How many lines in the listing include the string "none"? Reply with the number alone.

______________________________

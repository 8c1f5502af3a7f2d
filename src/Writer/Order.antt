-- ===== src/Writer/Order.antt =====
-- The chunks of a file in order, and the longest run of them that has arrived.
use axxx.Prelude.{
  ℕ, ◌+◌, ◌<◌, ◌≡◌, refl, Bool, true, false, ◌||◌, List, [], ◌∷◌, ◌++◌, Option, none, some,
  append_assoc, arith, nat_beq, if◌then◌else◌, length, All,
}
use axxx.Writer.{Bytes, FileChunk}

-- Each chunk is not empty and starts where the one before it ends, the first at `a`.
abbrev pub Contiguous : ℕ → List FileChunk → Type 0
Contiguous a [] = Unit
Contiguous a (c ∷ cs) =
    (c.offset_in_file ≡ a) × (0 < length c.contents) × Contiguous (a + length c.contents) cs

abbrev pub contents_of : List FileChunk → Bytes
contents_of [] = []
contents_of (c ∷ cs) = c.contents ++ contents_of cs

abbrev pub has : ℕ → List ℕ → Bool
has o [] = false
has o (p ∷ ps) = nat_beq p o || has o ps

abbrev pub chunk_at : ℕ → List FileChunk → Option FileChunk
chunk_at o [] = none
chunk_at o (c ∷ cs) = if nat_beq c.offset_in_file o then some c else chunk_at o cs

-- The chunks up to the first one whose offset has not arrived.
abbrev pub longest_run : List ℕ → List FileChunk → List FileChunk
longest_run arrived [] = []
longest_run arrived (c ∷ cs) =
    if has c.offset_in_file arrived then c ∷ longest_run arrived cs else []

abbrev pub HaveArrived : List ℕ → List FileChunk → Type 0
HaveArrived arrived = All (λ c. has c.offset_in_file arrived ≡ true)

pub longest_run-append :
    (arrived : List ℕ) (done rest : List FileChunk)
    → HaveArrived arrived done
    → longest_run arrived (done ++ rest) ≡ done ++ longest_run arrived rest
longest_run-append arrived [] rest h = refl
longest_run-append arrived (c ∷ done) rest (h, hs) = rw (h, longest_run-append arrived done rest hs)

pub longest_run_all :
    (arrived : List ℕ) (cs : List FileChunk) → HaveArrived arrived cs → longest_run arrived cs ≡ cs
longest_run_all arrived [] h = refl
longest_run_all arrived (c ∷ cs) (h, hs) = rw (h, longest_run_all arrived cs hs)

pub HaveArrived-more :
    (o : ℕ) (arrived : List ℕ) (cs : List FileChunk)
    → HaveArrived arrived cs
    → HaveArrived (o ∷ arrived) cs
HaveArrived-more o arrived [] h = tt
HaveArrived-more o arrived (c ∷ cs) (h, hs) = (ground arith, HaveArrived-more o arrived cs hs)

pub HaveArrived-snoc :
    (arrived : List ℕ) (cs : List FileChunk) (c : FileChunk)
    → HaveArrived arrived cs
    → has c.offset_in_file arrived ≡ true
    → HaveArrived arrived (cs ++ c ∷ [])
HaveArrived-snoc arrived [] c h e = (e, tt)
HaveArrived-snoc arrived (d ∷ cs) c (h, hs) e = (h, HaveArrived-snoc arrived cs c hs e)

pub contents_of-append :
    (xs ys : List FileChunk) → contents_of (xs ++ ys) ≡ contents_of xs ++ contents_of ys
contents_of-append [] ys = refl
contents_of-append (c ∷ xs) ys = rw (contents_of-append xs ys, append_assoc)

______________________________

Output for this task — 2